Trying to find the right pellet for my RS2 Beeman .177 springer and Hatsan 95 .177 Vortex. Shooting groups at 15 yds. So far, my only pellet that shows promise is an outdated pellet that is no longer made. I only have a limited supply of these so I am still searching for a pellet that is in current production. The one I get the tiny groups with is the old Benjamin HC. It has a head dia of .178 and a skirt dia of .189. Of course they are almost impossible to get my hands on them.
In current pellets I have tried Benjamin hollow point, Premier hollow point, Premier pointed, Winchester pointed, RWS superpoint, Air Arms field heavy domed.

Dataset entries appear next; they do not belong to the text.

-- ===== src/Foreign/Cells.antt =====
-- src/types.rs: what the memory of C callers holds.
use pipop_core.Base.{ℕ, Option, List, Bytes}
use pipop_core.Net.{Wire}
use pipop_core.Types.{Ipv4Addr}
use pipop_core.Session.{Session}

-- `model_name` is a pointer.
pub record CCameraInfo : Type 0 where
  pub ip_address : Ipv4Addr
  pub port : ℕ
  pub model_name : Option ℕ
  pub vendor_id : ℕ

-- A string without its NUL, an array of cameras, or a session with its stream.
pub data Cell : Type 0 where
  c_string : Bytes → Cell
  c_cameras : List CCameraInfo → Cell
  c_session : Session → Wire → Cell
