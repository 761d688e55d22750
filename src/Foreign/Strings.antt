-- ===== src/Foreign/Strings.antt =====
-- src/utils.rs: strings that are handed to C callers, and those that are taken from them.
pub mod Laws
use pipop_core.Base.{
  ℕ, Bool, true, false, ◌||◌, Option, none, some, List, [], ◌∷◌, Bytes, Text, Result, ok, err,
  stuck, ◌==◌, if◌then◌else◌,
}
use pipop_core.Utf8.{from_utf8}
use pipop_core.Error.{FromUtf8Error}
use pipop_core.Foreign.Memory.{Foreign, Memory, pure, ◌>>=◌, defined, place, load, release}
use pipop_core.Foreign.Cells.{Cell, c_string, c_cameras, c_session}

-- A NUL byte in the string.
unfoldable pub has_nul : Text → Bool
has_nul [] = false
has_nul (b ∷ bs) = b == 0 || has_nul bs

-- `CString::new(rust_str)`, and `into_raw` or a null pointer.
unfoldable pub rust_str_to_c : Text → Foreign Cell (Option ℕ)
rust_str_to_c rust_str =
    if has_nul rust_str then pure none else (place (c_string rust_str) >>= λ p. pure (some p))

-- A pointer to something else than a string is undefined behaviour.
abbrev pub string_in : Cell → Foreign Cell Bytes
string_in (c_string bs) h = some (bs, h)
string_in (c_cameras cs) h = none
string_in (c_session s w) h = none

-- `CStr::from_ptr(...).to_bytes()`
unfoldable pub string_at : ℕ → Foreign Cell Bytes
string_at p = load p >>= string_in

-- `to_str().ok()`
abbrev pub valid_text : Result FromUtf8Error Text → Option Text
valid_text (ok t) = some t
valid_text (err e) = none
valid_text stuck = none

unfoldable pub c_str_to_rust : Option ℕ → Foreign Cell (Option Text)
c_str_to_rust none = pure none
c_str_to_rust (some p) = string_at p >>= λ bs. pure (valid_text (from_utf8 bs))

-- `drop(CString::from_raw(p))`
unfoldable pub drop_string : Option ℕ → Foreign Cell (Unit {0})
drop_string none = pure tt
drop_string (some p) = string_at p >>= λ bs. release p
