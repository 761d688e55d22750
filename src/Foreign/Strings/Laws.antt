-- ===== src/Foreign/Strings/Laws.antt =====
-- src/utils.rs: a string that is handed to a C caller is read back.
use pipop_core.Base.{
  ℕ, suc, ◌≤◌, ◌≡◌, refl, sym, ap, ◌∙◌, true, false, Option, none, some, Bytes, Text, ok,
  Bool-cases, inl, inr, ◌==◌, ==_refl, if◌then◌else◌, arith,
}
use pipop_core.Utf8.{from_utf8}
use pipop_core.Foreign.Memory.{Memory, Foreign, place, load, release, set, pure, ◌>>=◌}
use pipop_core.Foreign.Cells.{Cell, c_string}
use pipop_core.Foreign.Strings.{has_nul, rust_str_to_c, string_at, c_str_to_rust, drop_string}

-- No cell lies behind the next address.
abbrev pub IsFresh : Memory Cell → Type 0
IsFresh h = (q : ℕ) → h.next ≤ q → h.cell q ≡ none

-- A call of `rust_str_to_c`, then one of `c_str_to_rust`, and then the string is freed: without a NUL
-- the text comes back, with one it is lost, and in either case the memory is as before.
abbrev pub handed_over : Text → Foreign Cell (Option Text)
handed_over t = rust_str_to_c t >>= λ p. c_str_to_rust p >>= λ r. drop_string p >>= λ u. pure r

restored :
    (f : ℕ → Option Cell) (p : ℕ) (c : Cell) (q : ℕ)
    → f p ≡ none
    → set p none (set p (some c) f) q ≡ f q
restored f p c q e = elim (Bool-cases (p == q)) [
  | inl b ↦ let d : p ≡ q = ground arith in rw b (sym e ∙ ap f d)
  | inr b ↦ rw b refl
]

pub set_same : (p : ℕ) (c : Option Cell) (f : ℕ → Option Cell) → set p c f p ≡ c
set_same p c f = rw (==_refl p) refl

-- A pointer to a string, where it is used, and where it is freed.
pub string_at_lem :
    (p : ℕ) (bs : Bytes) (h : Memory Cell)
    → h.cell p ≡ some (c_string bs)
    → string_at p h ≡ some (bs, h)
unfolding string_at load
string_at_lem p bs h e = rw e refl

pub release_lem :
    (p : ℕ) (c : Cell) (h : Memory Cell)
    → h.cell p ≡ some c
    → release p h ≡ some (tt, record h { cell = set p none h.cell })
unfolding release
release_lem p c h e = rw e refl

pub drop_string_lem :
    (p : ℕ) (bs : Bytes) (h : Memory Cell)
    → h.cell p ≡ some (c_string bs)
    → drop_string (some p) h ≡ some (tt, record h { cell = set p none h.cell })
unfolding drop_string
drop_string_lem p bs h e = rw (string_at_lem p bs h e) (release_lem p (c_string bs) h e)

c_str_to_rust_lem :
    (p : ℕ) (t : Text) (h : Memory Cell)
    → h.cell p ≡ some (c_string t)
    → from_utf8 t ≡ ok t
    → c_str_to_rust (some p) h ≡ some (some t, h)
unfolding c_str_to_rust
c_str_to_rust_lem p t h e v = rw (string_at_lem p t h e, v) refl

-- The string takes the next address.
pub rust_str_to_c_lem :
    (t : Text) (h : Memory Cell)
    → has_nul t ≡ false
    → rust_str_to_c t h
      ≡ some (
        some h.next,
        record h { next = suc h.next; cell = set h.next (some (c_string t)) h.cell },
      )
unfolding rust_str_to_c place
rust_str_to_c_lem t h b = rw b refl

pub rust_str_to_c_nul :
    (t : Text) (h : Memory Cell) → has_nul t ≡ true → rust_str_to_c t h ≡ some (none, h)
unfolding rust_str_to_c
rust_str_to_c_nul t h b = rw b refl

-- A text of valid UTF-8 that is handed to a C caller comes back if it has no NUL, and is lost if it
-- has one. When the caller has given the string back, each address holds what it held. No cell lies
-- behind the next address before the calls.
pub rust_str_to_c-c_str_to_rust :
    (t : Text) (h : Memory Cell)
    → from_utf8 t ≡ ok t
    → IsFresh h
    → (h' : Memory Cell) × (handed_over t h ≡ some (if has_nul t then none else some t, h'))
      × ((q : ℕ) → h'.cell q ≡ h.cell q)
unfolding c_str_to_rust drop_string
rust_str_to_c-c_str_to_rust t h v f = elim (Bool-cases (has_nul t)) [
  | inl b ↦ (h, rw (rust_str_to_c_nul t h b, b) refl, λ q. refl)
  | inr b ↦
      let filled = set h.next (some (c_string t)) h.cell in
      let g : Memory Cell = record h { next = suc h.next; cell = filled } in
      let e = set_same h.next (some (c_string t)) h.cell in
      (
        record g { cell = set h.next none filled },
        rw
            (
              rust_str_to_c_lem t h b,
              c_str_to_rust_lem h.next t g e v,
              drop_string_lem h.next t g e,
              b,
            )
            refl,
        λ q. restored h.cell h.next (c_string t) q (f h.next (omega arith)),
      )
]
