-- ===== src/Foreign/Cameras.antt =====
-- src/discovery.rs: the functions for C callers.
pub mod Arrays
pub mod Owned
pub mod Freed
pub mod Returned
pub mod Balance
use pipop_core.Base.{
  ℕ, zero, suc, Bool, true, false, not, ◌&&◌, Option, none, some, List, [], ◌∷◌, Result, ok, err,
  stuck, length, ◌==◌, if◌then◌else◌,
}
use pipop_core.Error.{PtpIpError}
use pipop_core.External.{BigEndian}
use pipop_core.Types.{Ipv4Addr, DiscoveredCamera}
use pipop_core.Discovery.Socket.{Air}
use pipop_core.Discovery.{default_discovery_config, discover_cameras}
use pipop_core.Foreign.Memory.{
  ℤ, pos, negsuc, Foreign, Memory, pure, ◌>>=◌, ◌>>◌, defined, load, store, release, calloc,
}
use pipop_core.Foreign.Cells.{CCameraInfo, Cell, c_string, c_cameras, c_session}
use pipop_core.Foreign.Strings.{rust_str_to_c, drop_string}

-- What `out_count` and `out_cameras` point to: `none` where the function has not written it.
pub record Outputs : Type 0 where
  pub count : Option ℕ
  pub cameras : Option (Option ℕ)

-- Cameras as `calloc` returns them.
abbrev pub zeroed_camera : CCameraInfo
zeroed_camera = record {
  ip_address = record { octet_0 = 0; octet_1 = 0; octet_2 = 0; octet_3 = 0 };
  port = 0;
  model_name = none;
  vendor_id = 0;
}

abbrev pub zeroed : ℕ → List CCameraInfo
zeroed zero = []
zeroed (suc n) = zeroed_camera ∷ zeroed n

abbrev pub array_in : Cell → Foreign Cell (List CCameraInfo)
array_in (c_string bs) h = none
array_in (c_cameras cs) h = some (cs, h)
array_in (c_session s w) h = none

unfoldable pub array_at : ℕ → Foreign Cell (List CCameraInfo)
array_at p = load p >>= array_in

-- `*c_cameras.add(i)`, where the array has so many elements.
unfoldable pub camera_in : ℕ → List CCameraInfo → Option CCameraInfo
camera_in i [] = none
camera_in zero (c ∷ cs) = some c
camera_in (suc i) (c ∷ cs) = camera_in i cs

abbrev pub in_front : CCameraInfo → Option (List CCameraInfo) → Option (List CCameraInfo)
in_front c none = none
in_front c (some cs) = some (c ∷ cs)

unfoldable pub replaced : ℕ → CCameraInfo → List CCameraInfo → Option (List CCameraInfo)
replaced i d [] = none
replaced zero d (c ∷ cs) = some (d ∷ cs)
replaced (suc i) d (c ∷ cs) = in_front c (replaced i d cs)

unfoldable pub read_camera : ℕ → ℕ → Foreign Cell CCameraInfo
read_camera p i = array_at p >>= λ cs. λ h. defined (camera_in i cs) λ c. some (c, h)

unfoldable pub write_camera : ℕ → ℕ → CCameraInfo → Foreign Cell (Unit {0})
write_camera p i d =
    array_at p >>= λ cs. λ h. defined (replaced i d cs) λ cs'. store p (c_cameras cs') h

-- `ipv4_to_bytes` keeps the octets.
unfoldable pub ipv4_to_bytes : Ipv4Addr → Ipv4Addr
ipv4_to_bytes ip = record {
  octet_0 = ip.octet_0;
  octet_1 = ip.octet_1;
  octet_2 = ip.octet_2;
  octet_3 = ip.octet_3;
}

unfoldable pub c_camera : DiscoveredCamera → Option ℕ → CCameraInfo
unfolding ipv4_to_bytes
c_camera camera model_name = record {
  ip_address = ipv4_to_bytes camera.ip_address;
  port = camera.port;
  model_name = model_name;
  vendor_id = camera.vendor_extension_id;
}

-- The loop that fills the array, from an index on.
unfoldable pub fill : ℕ → ℕ → List DiscoveredCamera → Foreign Cell (Unit {0})
fill p i [] = pure tt
fill p i (camera ∷ cameras) = do
  model_name ← rust_str_to_c camera.model_name
  write_camera p i (c_camera camera model_name)
  fill p (suc i) cameras

abbrev pub filled : List DiscoveredCamera → Outputs → Option ℕ → Foreign Cell (ℤ × Outputs)
filled cameras out none = pure (negsuc 2, out)
filled cameras out (some p) =
    fill p 0 cameras >> pure (pos 0, record out { cameras = some (some p) })

-- The cameras that were found, in the caller's memory.
unfoldable pub hand_out : List DiscoveredCamera → Outputs → Foreign Cell (ℤ × Outputs)
hand_out cameras out =
    let counted = record out { count = some (length cameras) } in
    if length cameras == 0
    then pure (pos 0, record counted { cameras = some none })
    else calloc (c_cameras (zeroed (length cameras))) >>= filled cameras counted

abbrev pub found : Result PtpIpError (List DiscoveredCamera) → Outputs → Foreign Cell (ℤ × Outputs)
found (ok cameras) out = hand_out cameras out
found (err e) out = pure (negsuc 1, out)
found stuck out = λ h. none

-- The first two arguments say whether the pointers of the caller are there.
unfoldable pub ptpip_discover_cameras :
    BigEndian → Bool → Bool → Outputs → Air → Foreign Cell (ℤ × Outputs)
ptpip_discover_cameras be has_cameras has_count out s =
    if not (has_cameras && has_count)
    then pure (negsuc 0, out)
    else found (discover_cameras be default_discovery_config s).0 out

-- The loop that frees the names: so many of them, from an index on.
unfoldable pub drop_names : ℕ → ℕ → ℕ → Foreign Cell (Unit {0})
drop_names p i zero = pure tt
drop_names p i (suc n) = do
  camera ← read_camera p i
  drop_string camera.model_name
  drop_names p (suc i) n

unfoldable pub ptpip_free_cameras : Option ℕ → ℕ → Foreign Cell (Unit {0})
ptpip_free_cameras none count = pure tt
ptpip_free_cameras (some p) count =
    if count == 0 then pure tt else (drop_names p 0 count >> release p)
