-- ===== src/Foreign/Cameras/Arrays.antt =====
-- src/discovery.rs: the elements of the array that C callers get.
use pipop_core.Base.{ℕ, ◌≡◌, refl, ap, some, List, [], ◌∷◌, ◌++◌, length}
use pipop_core.Foreign.Memory.{Memory, set, defined, store, load}
use pipop_core.Foreign.Cells.{CCameraInfo, Cell, c_cameras}
use pipop_core.Foreign.Cameras.{camera_in, in_front, replaced, array_at, read_camera, write_camera}

camera_in-append :
    (xs : List CCameraInfo) (c : CCameraInfo) (ys : List CCameraInfo)
    → camera_in (length xs) (xs ++ (c ∷ ys)) ≡ some c
unfolding camera_in
camera_in-append [] c ys = refl
camera_in-append (x ∷ xs) c ys = camera_in-append xs c ys

replaced-append :
    (xs : List CCameraInfo) (c d : CCameraInfo) (ys : List CCameraInfo)
    → replaced (length xs) d (xs ++ (c ∷ ys)) ≡ some (xs ++ (d ∷ ys))
unfolding replaced
replaced-append [] c d ys = refl
replaced-append (x ∷ xs) c d ys = ap (in_front x) (replaced-append xs c d ys)

array_at_lem :
    (p : ℕ) (cs : List CCameraInfo) (h : Memory Cell)
    → h.cell p ≡ some (c_cameras cs)
    → array_at p h ≡ some (cs, h)
unfolding array_at load
array_at_lem p cs h e = rw e refl

-- The element behind the first ones is read, and written.
pub read_camera_lem :
    (p i : ℕ) (xs : List CCameraInfo) (c : CCameraInfo) (ys : List CCameraInfo) (h : Memory Cell)
    → i ≡ length xs
    → h.cell p ≡ some (c_cameras (xs ++ (c ∷ ys)))
    → read_camera p i h ≡ some (c, h)
unfolding read_camera
read_camera_lem p i xs c ys h l e =
    rw (array_at_lem p (xs ++ (c ∷ ys)) h e, l, camera_in-append xs c ys) refl

pub write_camera_lem :
    (p i : ℕ) (xs : List CCameraInfo) (c d : CCameraInfo) (ys : List CCameraInfo) (h : Memory Cell)
    → i ≡ length xs
    → h.cell p ≡ some (c_cameras (xs ++ (c ∷ ys)))
    → write_camera p i d h
      ≡ some (tt, record h { cell = set p (some (c_cameras (xs ++ (d ∷ ys)))) h.cell })
unfolding write_camera store
write_camera_lem p i xs c d ys h l e =
    rw (array_at_lem p (xs ++ (c ∷ ys)) h e, l, replaced-append xs c d ys)
      (ap
        (λ o.
          defined o
            λ old. some (tt, record h { cell = set p (some (c_cameras (xs ++ (d ∷ ys)))) h.cell }))
        e)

None of these produced the tiny groups like the old Benjamin pellet. Any suggestions?

Chris


----------



## Plainsman (Jul 30, 2003)

I ordered a half dozen different pellets from Midway USA. I think I spent about $150 which was the same price as my new Beeman nitro piston (two barrels .177 and .22). Anyway, the H&N Sport Crow Magnum group best for me. I wasn't watching close enough and got two packages of heavy Rabbit Magnum pellets that are for pre charged air guns only. The skirt on the Crow Magnum I think are very consistent, because unlike the others it always takes the same pressure to seat the pellet.


----------